For someone standing on the outside of the photography industry, I can understand how all of us look different. Each photographer has their own cute website with a handcrafted logo, different personalities, and obviously different photographs. However, are we truly all that different? In a community that seems consumed with the latest on Style Me Pretty and creating their own version of the same, how can we stay true to who we are while setting ourselves apart?

It’s all too easy to get wrapped up in what every photographer is doing these days. I could spend hours scrolling through my social feed just to get a millisecond of a sense to what is going on outside my own world. I keep hearing this #GirlBoss mentality but what is exactly does it mean to be a #GirlBoss if all I keep doing is “Keeping up with the Jones’”? What’s the big secret to defying the status quo and just kicking ass all on my own without fear that the community will reject me?

You have to stop caring.

I don’t mean that in a derogatory way of course. But there has to be a separation between what you want to be doing and what others are doing and the best way to keep those separated is to not worry about what the others are doing. It’s easier said than done, I am fully aware.  It’s also hard to do without alienating your friends and friendors. I rarely follow any local photographers for this exact reason and I totally see how that can come across as rude, like I am not being supportive. When in fact, it’s just for my own sanity.

I’ve always been a bit of a ‘loose cannon’. I say what I want; do what I want, when I want. It gets me into trouble sometimes but it’s just who I am… and maybe it’s because I’m an only child, who knows.  When it comes to my photography business though, it really helps me remember the most important piece; it’s my photography business. There’s no one to tell me “No you can’t put a cuss word on your website” or “No you can’t use 148,935 colors in your branding.” I’m the boss. The #GirlBoss.

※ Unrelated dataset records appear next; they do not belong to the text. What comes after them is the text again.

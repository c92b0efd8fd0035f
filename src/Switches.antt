-- ===== src/Switches.antt =====
-- src/input.c: the samples of the switches, encoders' and side switches alike, their debouncing, and the
-- edges that are found. The levels of the pins are arguments: a switch that is pressed pulls its pin low.
pub mod Key
pub mod Edges
use midi_fighter_twister_ope.Base.{
  ℕ, zero, suc, ◌+◌, ◌*◌, ◌/◌, ◌%◌, Bool, bit_and, bit_or, bit_xor, if◌then◌else◌, u8,
}
use midi_fighter_twister_ope.Encoders.{assign}

abbrev pub switch_debounce_buffer_size : ℕ
switch_debounce_buffer_size = 10

-- The variables of one group of switches.
pub record SwitchInput : Type 0 where
  pub debounce_buffer : ℕ → ℕ
  pub buffer_pos : ℕ
  pub prev_switch_state : ℕ
  pub switch_state : ℕ
  pub switch_up : ℕ
  pub switch_down : ℕ

-- All of them are 0 when the device starts.
abbrev pub no_switches : SwitchInput
no_switches = record {
  debounce_buffer = λ i. 0;
  buffer_pos = 0;
  prev_switch_state = 0;
  switch_state = 0;
  switch_up = 0;
  switch_down = 0;
}

-- The loop of `encoder_scan` that reads the switches, with `n` rounds left: `level i` is the `i`-th level
-- that is shifted out.
unfoldable pub read_switch_register : (ℕ → Bool) → ℕ → ℕ → ℕ → ℕ → ℕ
read_switch_register level zero i mask state = state
read_switch_register level (suc n) i mask state =
    read_switch_register level n (i + 1) (mask / 2) (bit_or state (if level i then 0 else mask))

-- The pins of the side switches, `SIDE_SW1` first, with `n` of them left.
unfoldable pub read_side_switches : (ℕ → Bool) → ℕ → ℕ → ℕ → ℕ → ℕ
read_side_switches level zero i mask state = state
read_side_switches level (suc n) i mask state =
    read_side_switches level n (i + 1) (u8 (mask * 2))
      (if level i then state else bit_or state mask)

-- `debounce_buffer[buffer_pos] = current; buffer_pos = (buffer_pos + 1) % ...`.
unfoldable pub add_sample : ℕ → SwitchInput → SwitchInput
add_sample current s = record s {
  debounce_buffer = assign s.debounce_buffer s.buffer_pos current;
  buffer_pos = (s.buffer_pos + 1) % switch_debounce_buffer_size;
}

-- `for (i = 0; ...) state |= debounce_buffer[i]`, with `n` rounds left.
unfoldable pub or_samples : (ℕ → ℕ) → ℕ → ℕ → ℕ → ℕ
or_samples buffer zero i state = state
or_samples buffer (suc n) i state = or_samples buffer n (i + 1) (bit_or state (buffer i))

unfoldable pub update_encoder_switch_state : SwitchInput → SwitchInput
update_encoder_switch_state s =
    let state = or_samples s.debounce_buffer switch_debounce_buffer_size 0 0 in
    record s {
      switch_state = state;
      switch_up = bit_and (bit_xor s.prev_switch_state state) s.prev_switch_state;
      switch_down = bit_and (bit_xor s.prev_switch_state state) state;
      prev_switch_state = state;
    }

-- What `encoder_scan` does with the switches.
unfoldable pub scan_encoder_switches : (ℕ → Bool) → SwitchInput → SwitchInput
scan_encoder_switches level s = add_sample (read_switch_register level 16 0 0x8000 0) s

unfoldable pub update_side_switch_state : (ℕ → Bool) → SwitchInput → SwitchInput
update_side_switch_state level s =
    update_encoder_switch_state (add_sample (read_side_switches level 6 0 1 0) s)
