-- ===== src/Device.antt =====
-- The state of the whole device while it runs, and what several parts of it do: src/display_driver.c, the idle
-- timer and the animation of a change of the bank, and the packets that are sent, oldest first. What is
-- drawn is left out.
pub mod Sound
use midi_fighter_twister_ope.Base.{
  ℕ, ◌+◌, ◌-◌, ◌%◌, Bool, true, false, not, List, [], ◌∷◌, ◌++◌, ltb, leb, ◌==◌, if◌then◌else◌, u16,
}
use midi_fighter_twister_ope.Midi.{EventPacket}
use midi_fighter_twister_ope.NativeMode.{State}
use midi_fighter_twister_ope.Encoders.{Encoders}
use midi_fighter_twister_ope.Encoders.Banks.{change_encoder_bank, refresh_display}
use midi_fighter_twister_ope.Switches.{SwitchInput}

-- `num_banks` is `NUM_BANKS`.
abbrev pub num_banks : ℕ
num_banks = 8

-- `op_mode_t`.
pub data OpMode : Type 0 where
  startup : OpMode
  normal : OpMode
  shift1 : OpMode
  shift2 : OpMode
  sequencer : OpMode

-- `side_sw_action_t`; `no_action` stands for the numbers beyond it.
pub data SideSwAction : Type 0 where
  cc_hold_ss : SideSwAction
  cc_toggle_ss : SideSwAction
  note_hold_ss : SideSwAction
  note_toggle_ss : SideSwAction
  shift_page_1 : SideSwAction
  shift_page_2 : SideSwAction
  shift_page_1_toggle : SideSwAction
  shift_page_2_toggle : SideSwAction
  global_bank_up : SideSwAction
  global_bank_down : SideSwAction
  bank_select : SideSwAction
  global_bank_1 : SideSwAction
  global_bank_2 : SideSwAction
  global_bank_3 : SideSwAction
  global_bank_4 : SideSwAction
  global_bank_5 : SideSwAction
  global_bank_6 : SideSwAction
  global_bank_7 : SideSwAction
  global_bank_8 : SideSwAction
  cycle_bank : SideSwAction
  no_action : SideSwAction

-- `switch_event_t`.
pub data SwitchEvent : Type 0 where
  sw_up : SwitchEvent
  sw_down : SwitchEvent
  sw_held : SwitchEvent

-- The variables of src/side_switch.c, but for the mode, with the input of these switches.
pub record SideSwitches : Type 0 where
  pub input : SwitchInput
  pub sw_action : ℕ → SideSwAction
  pub side_is_banked : Bool
  pub side_switch_toggle_state : ℕ → ℕ
  pub prev_side_switch_state : ℕ
  pub bank_select_active : Bool
  pub bank_select_origin : ℕ

-- The tables of src/encoders.c that belong to the switches of the encoders, with their input.
pub record EncoderSwitches : Type 0 where
  pub input : SwitchInput
  pub switch_color_buffer : ℕ → ℕ → ℕ
  pub switch_animation_buffer : ℕ → ℕ → ℕ
  pub encoder_animation_buffer : ℕ → ℕ → ℕ
  pub enc_switch_midi_state : ℕ → ℕ → ℕ
  pub switch_color_overide : ℕ → ℕ
  pub shift_mode_switch_state : ℕ → ℕ
  pub shift_mode_midi_override : ℕ → ℕ

-- The variables of the animation in src/display_driver.c; no bank is 0xff.
pub record BankAnimation : Type 0 where
  pub bank_anim_bank : ℕ
  pub bank_anim_fading : Bool
  pub bank_anim_level : ℕ
  pub animation_frames_remaining : ℕ

pub record Device : Type 0 where
  pub encoders : Encoders
  pub keys : EncoderSwitches
  pub side : SideSwitches
  pub native : State
  pub animation : BankAnimation
  pub mode : OpMode
  pub midi_system_channel : ℕ
  pub global_animation_channels : ℕ
  pub global_bank_animations_enabled : Bool
  pub idle_timer : ℕ
  pub sleep_mode_active : Bool
  pub sleep_timeout_minutes : ℕ
  pub animation_counter : ℕ
  pub pulse_anim_origin : ℕ
  pub sent : List EventPacket

-- `current_encoder_bank()`.
abbrev pub current_encoder_bank : Device → ℕ
current_encoder_bank d = d.encoders.encoder_bank

abbrev pub send : EventPacket → Device → Device
send p d = record d { sent = d.sent ++ p ∷ [] }

abbrev pub change_bank : ℕ → Device → Device
change_bank bank d = record d { encoders = change_encoder_bank bank d.encoders }

abbrev pub refresh : Device → Device
refresh d = record d { encoders = refresh_display d.encoders }

unfoldable pub reset_idle_timer : Device → Device
reset_idle_timer d = refresh record d { idle_timer = 0; sleep_mode_active = false }

unfoldable pub reset_pulse_animation : Device → Device
reset_pulse_animation d = record d { pulse_anim_origin = d.animation_counter }

unfoldable pub bank_change_animation : ℕ → Device → Device
bank_change_animation new_bank d = if d.side.bank_select_active then d else record d {
  animation = record {
    bank_anim_bank = new_bank;
    bank_anim_fading = false;
    bank_anim_level = 0;
    animation_frames_remaining = 60;
  };
}

unfoldable pub bank_change_animation_tick : Device → Device
bank_change_animation_tick d =
    let a = d.animation in
    let level : ℕ = u16 (a.bank_anim_level + 4) in
    if a.bank_anim_bank == 0xff
    then d
    else if ltb 0 a.animation_frames_remaining
    then d
    else if not a.bank_anim_fading
    then record (change_bank a.bank_anim_bank d) {
      animation = record a {
        bank_anim_fading = true;
        bank_anim_level = 1;
        animation_frames_remaining = 2;
      };
    }
    else if leb 127 level
    then record d {
      animation = record a {
        bank_anim_bank = 0xff;
        bank_anim_fading = false;
        bank_anim_level = level;
      };
    }
    else record d {
      animation = record a { bank_anim_level = level; animation_frames_remaining = 2 };
    }

-- `idle_timer` has 32 bits.
unfoldable pub display_animation_timer : Device → Device
display_animation_timer d =
    let a = d.animation in
    record d {
      animation = record a { animation_frames_remaining = a.animation_frames_remaining - 1 };
      idle_timer = if d.sleep_mode_active then d.idle_timer else (d.idle_timer + 1) % 0x100000000;
    }
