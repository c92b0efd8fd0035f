-- ===== src/Encoders/BankRange.antt =====
-- src/encoders.c: the values that are copied between banks stay between 0 and 12700, and a change of the
-- bank leaves the settings.
use midi_fighter_twister_ope.Base.{
  ℕ, zero, suc, ◌+◌, ◌≤◌, ◌≡◌, refl, ◌∙◌, arith, Bool, true, false, Bool-cases, inl, inr, ◌==◌, u8,
  ◌*◌,
}
use midi_fighter_twister_ope.Encoders.{Encoders, assign}
use midi_fighter_twister_ope.Encoders.Banks.{
  encoder_maps_match, transfer_to, transfer_values, transfer_to_bank, transfer_to_banks,
  transfer_this_encoder_value_to_other_banks, transfer_from, transfer_encoder_values_to_other_banks,
  show_from, change_encoder_bank, refresh_display,
}

abbrev pub InRange : Encoders → Type 0
InRange s = (v : ℕ) → s.raw_encoder_value v ≤ 12700

pub assign-le :
    (table : ℕ → ℕ) (i v m j : ℕ) → ((k : ℕ) → table k ≤ m) → v ≤ m → assign table i v j ≤ m
assign-le table i v m j h k = let b = h j in ground arith

transfer_values-le :
    (same same_shifted : Bool) (this that m : ℕ) (raw : ℕ → ℕ)
    → ((k : ℕ) → raw k ≤ m)
    → (k : ℕ) → transfer_values same same_shifted this that raw k ≤ m
unfolding transfer_values
transfer_values-le true true this that m raw h k =
    let first = assign raw that (raw this) in
    let bound = λ (j : ℕ). assign-le raw that (raw this) m j h (h this) in
    assign-le first (that + 128) (first (this + 128)) m k bound (bound (this + 128))
transfer_values-le true false this that m raw h k = assign-le raw that (raw this) m k h (h this)
transfer_values-le false true this that m raw h k =
    assign-le raw (that + 128) (raw (this + 128)) m k h (h (this + 128))
transfer_values-le false false this that m raw h k = h k

-- What a copy between banks keeps.
pub record Keeps (s t : Encoders) : Type 0 where
  pub same_settings : t.encoder_settings ≡ s.encoder_settings
  pub same_bank : t.encoder_bank ≡ s.encoder_bank
  pub in_range : InRange s → InRange t

keep : (s : Encoders) → Keeps s s
keep s = record { same_settings = refl; same_bank = refl; in_range = λ h. h }

then_keep : (s t u : Encoders) → Keeps s t → Keeps t u → Keeps s u
then_keep s t u a b = record {
  same_settings = b.same_settings ∙ a.same_settings;
  same_bank = b.same_bank ∙ a.same_bank;
  in_range = λ h. b.in_range (a.in_range h);
}

transfer_to-Keeps : (bank i b j : ℕ) (s : Encoders) → Keeps s (transfer_to bank i b j s)
unfolding transfer_to
transfer_to-Keeps bank i b j s = record {
  same_settings = ground arith;
  same_bank = ground arith;
  in_range = λ h k.
      elim (Bool-cases (
        encoder_maps_match (s.encoder_settings (u8 (bank * 16 + i)))
          (s.encoder_settings (u8 (b * 16 + j))))) [
            | inl same ↦ rw same (transfer_values-le _ _ _ _ 12700 s.raw_encoder_value h k)
            | inr other ↦ rw other (h k)
          ];
}

transfer_to_bank-Keeps :
    (bank i b n j : ℕ) (s : Encoders) → Keeps s (transfer_to_bank bank i b n j s)
unfolding transfer_to_bank
transfer_to_bank-Keeps bank i b zero j s = keep s
transfer_to_bank-Keeps bank i b (suc n) j s =
    then_keep s _ _ (transfer_to-Keeps bank i b j s) (transfer_to_bank-Keeps bank i b n (j + 1) _)

transfer_to_banks-Keeps : (bank i n b : ℕ) (s : Encoders) → Keeps s (transfer_to_banks bank i n b s)
unfolding transfer_to_banks
transfer_to_banks-Keeps bank i zero b s = keep s
transfer_to_banks-Keeps bank i (suc n) b s = elim (Bool-cases (b == bank)) [
  | inl own ↦ rw own (transfer_to_banks-Keeps bank i n (b + 1) s)
  | inr other ↦ rw other (
      then_keep s _ _ (transfer_to_bank-Keeps bank i b 16 0 s)
        (transfer_to_banks-Keeps bank i n (b + 1) (transfer_to_bank bank i b 16 0 s)))
]

transfer_from-Keeps : (bank n i : ℕ) (s : Encoders) → Keeps s (transfer_from bank n i s)
unfolding transfer_from transfer_this_encoder_value_to_other_banks
transfer_from-Keeps bank zero i s = keep s
transfer_from-Keeps bank (suc n) i s =
    then_keep s _ _ (transfer_to_banks-Keeps bank i 8 0 s) (transfer_from-Keeps bank n (i + 1) _)

show_from-Keeps : (bank n i : ℕ) (s : Encoders) → Keeps s (show_from bank n i s)
unfolding show_from
show_from-Keeps bank zero i s = keep s
show_from-Keeps bank (suc n) i s =
    let next = show_from-Keeps bank n (i + 1) _ in
    record {
      same_settings = next.same_settings;
      same_bank = next.same_bank;
      in_range = next.in_range;
    }

-- A change of the bank.
pub record Changes (bank : ℕ) (s t : Encoders) : Type 0 where
  pub same_settings : t.encoder_settings ≡ s.encoder_settings
  pub new_bank : t.encoder_bank ≡ bank
  pub in_range : InRange s → InRange t

pub change_encoder_bank-Changes :
    (bank : ℕ) (s : Encoders) → Changes bank s (change_encoder_bank bank s)
unfolding change_encoder_bank transfer_encoder_values_to_other_banks
change_encoder_bank-Changes bank s =
    let t = transfer_from s.encoder_bank 16 0 s in
    let k =
      then_keep s t _ (transfer_from-Keeps s.encoder_bank 16 0 s) (show_from-Keeps bank 16 0 t) in
    record { same_settings = k.same_settings; new_bank = refl; in_range = k.in_range }

pub refresh_display-Changes : (s : Encoders) → Changes s.encoder_bank s (refresh_display s)
unfolding refresh_display
refresh_display-Changes s = change_encoder_bank-Changes s.encoder_bank s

Around this time last year, I started to develop a really crazy passion for food photography. It’s something that I had never done before and I was a little timid to post anything online because I was predominately known for weddings and what if posting my food photography wasn’t good? What if I sucked and only I thought I was good? What if it messes up my pretty Instagram feed? What if it’s not “cool” and what if people start saying things like “she’s probably shooting food because she can’t book any weddings?” Those little bugs sat in my ear for all of two seconds and then guess what… I stopped caring. Now I post my food work on the regular and am even considering starting up a side business.

Once you push past that barrier of “it’s not what everyone else is doing”, the more you creative and free you will feel. Isn’t that why we all started photography in the first place? To be creative?